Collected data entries
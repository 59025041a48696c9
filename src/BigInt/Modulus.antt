-- ===== src/BigInt/Modulus.antt =====
-- The errors of modpow: the sign of the exponent and of the modulus decide.
use nimble_cas.Prelude.{
  ℕ, zero, suc, ◌<◌, ◌≡◌, ◌≢◌, ◌⊎◌, ◌↔◌, refl, ap, sym, ◌∙◌, Bool, true, false, arith,
  if◌then◌else◌, inl, inr, Bool-cases,
}
use nimble_cas.Prelude.Int.{ℤ, pos, negsuc, nat_abs}
use nimble_cas.Core.{ok, err, domain_error}
use nimble_cas.Magnitude.Value.{value}
use nimble_cas.BigInt.{BigInt, is_empty, modpow, sign, is_at_most_zero}
use nimble_cas.BigInt.Value.{to_ℤ, IsValid, signed, empty-value, nonempty-value, nat_abs-signed}
use nimble_cas.BigInt.Division.{AtMostZero}

pub sign_pos :
    (a : BigInt) → IsValid a → (k : ℕ) → 0 < k → to_ℤ a ≡ pos k → is_at_most_zero (sign a) ≡ false
unfolding sign
sign_pos a ha k h e = elim (Bool-cases (is_empty a.mag)) [
  | inl z ↦ absurd (
      omega
        (arith, empty-value a.mag z, sym (nat_abs-signed a.negative (value a.mag)) ∙ ap nat_abs e))
  | inr nz ↦ rw nz (by_sign a.negative (value a.mag) e)
]
  where
    by_sign :
        (s : Bool) (n : ℕ)
        → signed s n ≡ pos k
        → is_at_most_zero (if s then negsuc 0 else pos 1) ≡ false
    by_sign true zero e = absurd (omega (arith, ap nat_abs e))
    by_sign true (suc n) e = cc
    by_sign false n e = refl

-- A negative exponent is refused.
pub modpow-negative_exp :
    (a exp modulus : BigInt) → exp.negative ≡ true → modpow a exp modulus ≡ err domain_error
unfolding modpow
modpow-negative_exp a exp modulus h = rw h refl

pub sign-AtMostZero :
    (a : BigInt) → IsValid a → AtMostZero (to_ℤ a) → is_at_most_zero (sign a) ≡ true
unfolding sign
sign-AtMostZero a ha h = elim (Bool-cases (is_empty a.mag)) [
  | inl z ↦ rw z refl
  | inr nz ↦ rw nz (by_sign a.negative (value a.mag) (nonempty-value a.mag ha.trimmed nz) h)
]
  where
    by_sign :
        (s : Bool) (n : ℕ)
        → 0 < n
        → AtMostZero (signed s n)
        → is_at_most_zero (if s then negsuc 0 else pos 1) ≡ true
    by_sign true n p h = refl
    by_sign false zero p h = absurd (omega arith)
    by_sign false (suc n) p h = absurd (omega arith)

-- A modulus that is not above zero is refused.
pub modpow-modulus :
    (a exp modulus : BigInt)
    → IsValid modulus
    → AtMostZero (to_ℤ modulus)
    → modpow a exp modulus ≡ err domain_error
unfolding modpow
modpow-modulus a exp modulus hm h = elim (Bool-cases exp.negative) [
  | inl n ↦ rw n refl
  | inr nn ↦ rw (nn, sign-AtMostZero modulus hm h) refl
]

ok-ne-err : {r : BigInt} → ok r ≡ err domain_error → ⊥
ok-ne-err e = cc

modpow-returns :
    (a exp modulus : BigInt) (k : ℕ)
    → IsValid modulus
    → 0 < k
    → to_ℤ modulus ≡ pos k
    → exp.negative ≡ false
    → modpow a exp modulus ≢ err domain_error
unfolding modpow
modpow-returns a exp modulus k hm k_pos e p =
    λ h. ok-ne-err (rw (p, sign_pos modulus hm k k_pos e) at h)

-- For a valid modulus, modpow returns domain_error exactly when the exponent's sign is negative or
-- the modulus is at most zero.
pub modpow-err_iff :
    (a exp modulus : BigInt)
    → IsValid modulus
    → (modpow a exp modulus ≡ err domain_error)
      ↔ ((exp.negative ≡ true) ⊎ AtMostZero (to_ℤ modulus))
modpow-err_iff a exp modulus hm = (to (to_ℤ modulus) refl, from)
  where
    to :
        (m : ℤ)
        → to_ℤ modulus ≡ m
        → modpow a exp modulus ≡ err domain_error
        → (exp.negative ≡ true) ⊎ AtMostZero m
    to (pos zero) e h = inr refl
    to (negsuc k) e h = inr tt
    to (pos (suc k)) e h = elim (Bool-cases exp.negative) [
      | inl n ↦ inl n
      | inr p ↦ absurd (modpow-returns a exp modulus (suc k) hm (omega arith) e p h)
    ]

    from :
        (exp.negative ≡ true) ⊎ AtMostZero (to_ℤ modulus) → modpow a exp modulus ≡ err domain_error
    from (inl n) = modpow-negative_exp a exp modulus n
    from (inr z) = modpow-modulus a exp modulus hm z
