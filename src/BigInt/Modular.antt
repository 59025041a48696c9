-- ===== src/BigInt/Modular.antt =====
-- modpow is exponentiation modulo m: the bits of the exponent are scanned from the top down.
use native.Mathlib.Nat.{pow-succ', pow-zero, lt_of_mul-lt-mul_right, mod-eq_of_lt, mul_comm}
use nimble_cas.Prelude.{
  ℕ, zero, suc, ◌+◌, ◌-◌, ◌*◌, ◌/◌, ◌%◌, ◌^◌, ◌<◌, ◌≡◌, refl, ap, ap₂, subst, sym, ◌∙◌, [], ◌∷◌,
  arith, if◌then◌else◌, ◌==◌, ==_iff, inl, inr, Bool-cases,
}
use nimble_cas.Prelude.Int.{pos, nat_abs, ◌*ℤ◌}
use nimble_cas.Core.{ok}
use nimble_cas.Magnitude.{Limbs}
use nimble_cas.Magnitude.Value.{value, IsLimbs, IsTrimmed}
use nimble_cas.Knuth.{countl_zero}
use nimble_cas.Knuth.Shift.{countl_zero_lem, pow_split}
use nimble_cas.BigInt.{
  BigInt, is_empty, from_u64, multiply, reduce_mod, bit_loop, limb_loop, modpow,
}
use nimble_cas.BigInt.Value.{to_ℤ, IsValid, from_u64_lem, nat_abs-signed}
use nimble_cas.BigInt.Arith.{Is, multiply_lem}
use nimble_cas.BigInt.Division.{reduce_mod_lem, residue}
use nimble_cas.BigInt.Order.{not_negative}
use nimble_cas.BigInt.Residues.{mul-mod-mod, mod-mul-mod, pow-add, low_bits-suc, pos-*}
use nimble_cas.BigInt.Modulus.{sign_pos}

module _ (modulus base : BigInt) (c : ℕ) (hm : IsValid modulus) (m_pos : 0 < value modulus.mag)
    (hb : Is base (pos c)) where
  -- One modular product.
  product_step :
      (x y : BigInt) (u v : ℕ)
      → Is x (pos u)
      → Is y (pos v)
      → Is (reduce_mod (multiply x y) modulus) (pos (u * v % value modulus.mag))
  product_step x y u v hx hy =
      let p = multiply_lem x y hx.0 hy.0 in
      let r = reduce_mod_lem (multiply x y) modulus p.0 hm m_pos in
      (
        r.0,
        r.1 ∙ ap (λ t. pos (residue t (value modulus.mag))) (p.1 ∙ ap₂ ◌*ℤ◌ hx.1 hy.1 ∙ pos-* u v),
      )

  -- The result holds the base to the power e, reduced.
  abbrev Holds : BigInt → ℕ → Type 0
  Holds result e = Is result (pos (c ^ e % value modulus.mag))

  square-Holds :
      (result : BigInt) (e : ℕ)
      → Holds result e
      → Holds (reduce_mod (multiply result result) modulus) (e + e)
  square-Holds result e h =
      let p = product_step result result _ _ h h in
      (
        p.0,
        p.1
            ∙ ap pos (
                mod-mul-mod (c ^ e) (c ^ e) (value modulus.mag)
                ∙ ap (λ (t : ℕ). t % value modulus.mag) (sym (pow-add c e e))),
      )

  multiply-Holds :
      (result : BigInt) (e : ℕ)
      → Holds result e
      → Holds (reduce_mod (multiply result base) modulus) (suc e)
  multiply-Holds result e h =
      let p = product_step result base _ _ h hb in
      (
        p.0,
        p.1
            ∙ ap pos (
                ap (λ (t : ℕ). t % value modulus.mag) (mul_comm (c ^ e % value modulus.mag) c)
                ∙ mul-mod-mod c (c ^ e) (value modulus.mag)
                ∙ ap (λ (t : ℕ). t % value modulus.mag) (sym (pow-succ' c e))),
      )

  -- One bit of the exponent.
  bit_step :
      (bit limb e : ℕ) (result : BigInt)
      → Holds result e
      → let squared = reduce_mod (multiply result result) modulus in
        Holds
          (if limb / 2 ^ bit % 2 == 0 then squared else reduce_mod (multiply squared base) modulus)
          (e + e + limb / 2 ^ bit % 2)
  bit_step bit limb e result h = elim (Bool-cases (limb / 2 ^ bit % 2 == 0)) [
    | inl even ↦
        let z = (==_iff (limb / 2 ^ bit % 2) 0).0 even in
        let same : e + e ≡ e + e + limb / 2 ^ bit % 2 = omega arith in
        rw even (
          subst (Holds (reduce_mod (multiply result result) modulus)) same
            (square-Holds result e h))
    | inr odd ↦
        let o : limb / 2 ^ bit % 2 ≡ 1 = ground arith in
        let same : suc (e + e) ≡ e + e + limb / 2 ^ bit % 2 = omega arith in
        rw odd (
          subst
            (Holds
              (reduce_mod (multiply (reduce_mod (multiply result result) modulus) base) modulus))
            same (multiply-Holds _ (e + e) (square-Holds result e h)))
  ]

  bit_loop_lem :
      (n limb e : ℕ) (result : BigInt)
      → Holds result e
      → Holds (bit_loop base modulus n limb result) (e * 2 ^ n + limb % 2 ^ n)
  unfolding bit_loop
  bit_loop_lem zero limb e result h =
      let same : e ≡ e * 2 ^ 0 + limb % 2 ^ 0 = omega arith in subst (Holds result) same h
  bit_loop_lem (suc n) limb e result h =
      let b : ℕ = limb / 2 ^ n % 2 in
      let two = pow-succ' 2 n in
      let same : (e + e + b) * 2 ^ n + limb % 2 ^ n ≡ e * 2 ^ suc n + limb % 2 ^ suc n =
        omega (arith, low_bits-suc limb n, ap (λ (t : ℕ). e * t) two) in
      subst (Holds _) same (bit_loop_lem n limb (e + e + b) _ (bit_step n limb e result h))

  -- The whole exponent.
  limb_loop_lem :
      (xs : Limbs) (result : BigInt)
      → IsLimbs xs
      → IsTrimmed xs
      → Holds result 0
      → Holds (limb_loop base modulus xs result) (value xs)
  unfolding limb_loop
  limb_loop_lem [] result hx tx h = h
  limb_loop_lem (x ∷ []) result hx tx h =
      let z = countl_zero_lem 32 x (omega arith) hx.0 in
      let n : ℕ = 32 - countl_zero 32 x in
      let fits : x < 2 ^ n =
        lt_of_mul-lt-mul_right (2 ^ countl_zero 32 x)
          (omega (arith, pow_split (countl_zero 32 x) 32 (omega arith))) in
      let same : 0 * 2 ^ n + x % 2 ^ n ≡ value (x ∷ []) = omega (arith, mod-eq_of_lt fits) in
      subst (Holds _) same (bit_loop_lem n x 0 result h)
  limb_loop_lem (x ∷ y ∷ ys) result hx tx h =
      let ih = limb_loop_lem (y ∷ ys) result hx.1 tx h in
      let same : value (y ∷ ys) * 2 ^ 32 + x % 2 ^ 32 ≡ value (x ∷ y ∷ ys) = omega arith in
      subst (Holds _) same (bit_loop_lem 32 x (value (y ∷ ys)) _ ih)

-- With no bits to scan the loop returns what it is given.
skip :
    (xs : Limbs) (base modulus result : BigInt)
    → (if is_empty xs then result else limb_loop base modulus xs result)
      ≡ limb_loop base modulus xs result
unfolding limb_loop
skip [] base modulus result = refl
skip (x ∷ xs) base modulus result = refl

-- For valid arguments, an exponent e of at least zero and a modulus k above zero, modpow returns a
-- valid value that stands for (residue of a modulo k) ^ e % k.
pub modpow_lem :
    (a exp modulus : BigInt) (e k : ℕ)
    → IsValid a
    → IsValid exp
    → IsValid modulus
    → to_ℤ exp ≡ pos e
    → to_ℤ modulus ≡ pos k
    → 0 < k
    → (r : BigInt) × (modpow a exp modulus ≡ ok r) × Is r (pos (residue (to_ℤ a) k ^ e % k))
unfolding modpow
modpow_lem a exp modulus e k ha he hm ee ek k_pos =
    let en = not_negative exp he e ee in
    let ms = sign_pos modulus hm k k_pos ek in
    let size : value modulus.mag ≡ k =
      sym (nat_abs-signed modulus.negative (value modulus.mag)) ∙ ap nat_abs ek in
    let esize : value exp.mag ≡ e =
      sym (nat_abs-signed exp.negative (value exp.mag)) ∙ ap nat_abs ee in
    let m_pos : 0 < value modulus.mag = omega arith in
    let base = reduce_mod a modulus in
    let one = from_u64_lem 1 (omega arith) in
    let start = reduce_mod_lem (from_u64 1) modulus one.0 hm m_pos in
    let b = reduce_mod_lem a modulus ha hm m_pos in
    let c : ℕ = residue (to_ℤ a) (value modulus.mag) in
    let first : to_ℤ (reduce_mod (from_u64 1) modulus) ≡ pos (c ^ 0 % value modulus.mag) =
      start.1
      ∙ ap (λ t. pos (residue t (value modulus.mag))) one.1
      ∙ ap (λ (t : ℕ). pos (t % value modulus.mag)) (sym (pow-zero c)) in
    let loop =
      limb_loop_lem modulus base c hm m_pos b exp.mag (reduce_mod (from_u64 1) modulus) he.limbs
        he.trimmed (start.0, first) in
    (
      limb_loop base modulus exp.mag (reduce_mod (from_u64 1) modulus),
      rw (en, ms) (ap ok (skip exp.mag base modulus (reduce_mod (from_u64 1) modulus))),
      (loop.0, loop.1 ∙ ap₂ (λ x y. pos (residue (to_ℤ a) x ^ y % x)) size esize),
    )
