-- ===== src/BigInt/Power.antt =====
-- pow is exponentiation: the squaring loop ends within 64 rounds for every 64-bit exponent.
use native.Mathlib.Nat.{pow-suc}
use nimble_cas.Prelude.{
  ℕ, zero, suc, ◌+◌, ◌/◌, ◌%◌, ◌^◌, ◌<◌, ◌≡◌, refl, ap, sym, ◌∙◌, arith, if◌then◌else◌, ◌==◌,
  ==_iff, inl, inr, Bool-cases,
}
use nimble_cas.Prelude.Int.{ℤ, pos, ◌*ℤ◌, *ℤ_assoc, pos_one-*ℤ, *ℤ-pos_one}
use nimble_cas.BigInt.{BigInt, from_u64, multiply, pow_loop, pow}
use nimble_cas.BigInt.Value.{to_ℤ, IsValid, from_u64_lem}
use nimble_cas.BigInt.Arith.{Is, multiply_lem}

-- a to the n-th power.
abbrev pub pow_ℤ : ℤ → ℕ → ℤ
pow_ℤ a zero = pos 1
pow_ℤ a (suc n) = a *ℤ pow_ℤ a n

pub pow_ℤ-add : (a : ℤ) (m n : ℕ) → pow_ℤ a (m + n) ≡ pow_ℤ a m *ℤ pow_ℤ a n
pow_ℤ-add a zero n = let e : zero + n ≡ n = omega arith in rw e (sym (pos_one-*ℤ (pow_ℤ a n)))
pow_ℤ-add a (suc m) n =
    let e : suc m + n ≡ suc (m + n) = omega arith in
    rw e (ap (λ t. a *ℤ t) (pow_ℤ-add a m n) ∙ sym (*ℤ_assoc a (pow_ℤ a m) (pow_ℤ a n)))

-- The square of the base halves the exponent.
pow_ℤ-square : (a : ℤ) (n : ℕ) → pow_ℤ (a *ℤ a) n ≡ pow_ℤ a (n + n)
pow_ℤ-square a zero = refl
pow_ℤ-square a (suc n) =
    let e : suc n + suc n ≡ suc (suc (n + n)) = omega arith in
    rw e (ap (λ t. a *ℤ a *ℤ t) (pow_ℤ-square a n) ∙ *ℤ_assoc a a (pow_ℤ a (n + n)))

pow_ℤ_halves : (a : ℤ) (n : ℕ) → pow_ℤ a (n % 2) *ℤ pow_ℤ (a *ℤ a) (n / 2) ≡ pow_ℤ a n
pow_ℤ_halves a n =
    ap (λ t. pow_ℤ a (n % 2) *ℤ t) (pow_ℤ-square a (n / 2))
    ∙ sym (pow_ℤ-add a (n % 2) (n / 2 + n / 2))
    ∙ ap (pow_ℤ a) (omega arith)

-- The factor that a round takes into the result.
odd_step :
    (exp : ℕ) (result base : BigInt)
    → IsValid result
    → IsValid base
    → Is
        (if exp % 2 == 0 then result else multiply result base)
        (to_ℤ result *ℤ pow_ℤ (to_ℤ base) (exp % 2))
odd_step exp result base hr hb = elim (Bool-cases (exp % 2 == 0)) [
  | inl even ↦
      let e = (==_iff (exp % 2) 0).0 even in rw even (hr, rw e (sym (*ℤ-pos_one (to_ℤ result))))
  | inr odd ↦
      let e : exp % 2 ≡ 1 = ground arith in
      let m = multiply_lem result base hr hb in
      rw odd (m.0, m.1 ∙ rw e (ap (λ t. to_ℤ result *ℤ t) (sym (*ℤ-pos_one (to_ℤ base)))))
]

-- The base is squared unless it is not needed any more.
square_step :
    (exp : ℕ) (base : BigInt)
    → IsValid base
    → let base' = if exp / 2 == 0 then base else multiply base base in
      IsValid base' × (pow_ℤ (to_ℤ base') (exp / 2) ≡ pow_ℤ (to_ℤ base *ℤ to_ℤ base) (exp / 2))
square_step exp base hb = elim (Bool-cases (exp / 2 == 0)) [
  | inl last ↦ let e = (==_iff (exp / 2) 0).0 last in rw last (hb, rw e refl)
  | inr more ↦
      let m = multiply_lem base base hb hb in rw more (m.0, ap (λ t. pow_ℤ t (exp / 2)) m.1)
]

halved : (fuel exp : ℕ) → exp < 2 ^ suc fuel → exp / 2 < 2 ^ fuel
halved fuel exp h = let e = pow-suc 2 fuel in omega arith

pow_loop_lem :
    (fuel exp : ℕ) (result base : BigInt)
    → exp < 2 ^ fuel
    → IsValid result
    → IsValid base
    → Is (pow_loop fuel exp result base) (to_ℤ result *ℤ pow_ℤ (to_ℤ base) exp)
unfolding pow_loop
pow_loop_lem zero exp result base h hr hb =
    let e : exp ≡ 0 = omega arith in (hr, rw e (sym (*ℤ-pos_one (to_ℤ result))))
pow_loop_lem (suc fuel) exp result base h hr hb =
    let next = pow_loop_lem fuel (exp / 2) r b (halved fuel exp h) o.0 s.0 in
    elim (Bool-cases (exp == 0)) [
      | inl done ↦
          let e = (==_iff exp 0).0 done in rw done (hr, rw e (sym (*ℤ-pos_one (to_ℤ result))))
      | inr more ↦ rw more (next.0, next.1 ∙ ap (λ t. t *ℤ pow_ℤ (to_ℤ b) (exp / 2)) o.1 ∙ regroup)
    ]
  where
    r : BigInt
    r = if exp % 2 == 0 then result else multiply result base

    b : BigInt
    b = if exp / 2 == 0 then base else multiply base base

    o : Is r (to_ℤ result *ℤ pow_ℤ (to_ℤ base) (exp % 2))
    o = odd_step exp result base hr hb

    s : IsValid b × (pow_ℤ (to_ℤ b) (exp / 2) ≡ pow_ℤ (to_ℤ base *ℤ to_ℤ base) (exp / 2))
    s = square_step exp base hb

    regroup :
        to_ℤ result *ℤ pow_ℤ (to_ℤ base) (exp % 2) *ℤ pow_ℤ (to_ℤ b) (exp / 2)
        ≡ to_ℤ result *ℤ pow_ℤ (to_ℤ base) exp
    regroup =
        *ℤ_assoc _ _ _
        ∙ ap (λ t. to_ℤ result *ℤ (pow_ℤ (to_ℤ base) (exp % 2) *ℤ t)) s.1
        ∙ ap (λ t. to_ℤ result *ℤ t) (pow_ℤ_halves (to_ℤ base) exp)

-- For a valid base and an exponent below 2^64, pow returns a valid value that stands for the
-- exponent-fold product of the base (64 rounds of the loop are enough).
pub pow_lem :
    (a : BigInt) (exp : ℕ) → exp < 2 ^ 64 → IsValid a → Is (pow a exp) (pow_ℤ (to_ℤ a) exp)
unfolding pow
pow_lem a exp h ha =
    let one = from_u64_lem 1 (omega arith) in
    let p = pow_loop_lem 64 exp (from_u64 1) a h one.0 ha in
    (p.0, p.1 ∙ ap (λ t. t *ℤ pow_ℤ (to_ℤ a) exp) one.1 ∙ pos_one-*ℤ _)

-- TASK DESCRIPTION --
Exactly as they appear above, output the lines of the data from the first through the one that contains "-- A modulus", and only those lines.

-- REPLY TO THE TASK --
repository 59025041a48696c9
filename src/BigInt/Modulus.antt
-- ===== src/BigInt/Modulus.antt =====
-- The errors of modpow: the sign of the exponent and of the modulus decide.
use nimble_cas.Prelude.{
  ℕ, zero, suc, ◌<◌, ◌≡◌, ◌≢◌, ◌⊎◌, ◌↔◌, refl, ap, sym, ◌∙◌, Bool, true, false, arith,
  if◌then◌else◌, inl, inr, Bool-cases,
}
use nimble_cas.Prelude.Int.{ℤ, pos, negsuc, nat_abs}
use nimble_cas.Core.{ok, err, domain_error}
use nimble_cas.Magnitude.Value.{value}
use nimble_cas.BigInt.{BigInt, is_empty, modpow, sign, is_at_most_zero}
use nimble_cas.BigInt.Value.{to_ℤ, IsValid, signed, empty-value, nonempty-value, nat_abs-signed}
use nimble_cas.BigInt.Division.{AtMostZero}

pub sign_pos :
    (a : BigInt) → IsValid a → (k : ℕ) → 0 < k → to_ℤ a ≡ pos k → is_at_most_zero (sign a) ≡ false
unfolding sign
sign_pos a ha k h e = elim (Bool-cases (is_empty a.mag)) [
  | inl z ↦ absurd (
      omega
        (arith, empty-value a.mag z, sym (nat_abs-signed a.negative (value a.mag)) ∙ ap nat_abs e))
  | inr nz ↦ rw nz (by_sign a.negative (value a.mag) e)
]
  where
    by_sign :
        (s : Bool) (n : ℕ)
        → signed s n ≡ pos k
        → is_at_most_zero (if s then negsuc 0 else pos 1) ≡ false
    by_sign true zero e = absurd (omega (arith, ap nat_abs e))
    by_sign true (suc n) e = cc
    by_sign false n e = refl

-- A negative exponent is refused.
pub modpow-negative_exp :
    (a exp modulus : BigInt) → exp.negative ≡ true → modpow a exp modulus ≡ err domain_error
unfolding modpow
modpow-negative_exp a exp modulus h = rw h refl

pub sign-AtMostZero :
    (a : BigInt) → IsValid a → AtMostZero (to_ℤ a) → is_at_most_zero (sign a) ≡ true
unfolding sign
sign-AtMostZero a ha h = elim (Bool-cases (is_empty a.mag)) [
  | inl z ↦ rw z refl
  | inr nz ↦ rw nz (by_sign a.negative (value a.mag) (nonempty-value a.mag ha.trimmed nz) h)
]
  where
    by_sign :
        (s : Bool) (n : ℕ)
        → 0 < n
        → AtMostZero (signed s n)
        → is_at_most_zero (if s then negsuc 0 else pos 1) ≡ true
    by_sign true n p h = refl
    by_sign false zero p h = absurd (omega arith)
    by_sign false (suc n) p h = absurd (omega arith)

-- A modulus that is not above zero is refused.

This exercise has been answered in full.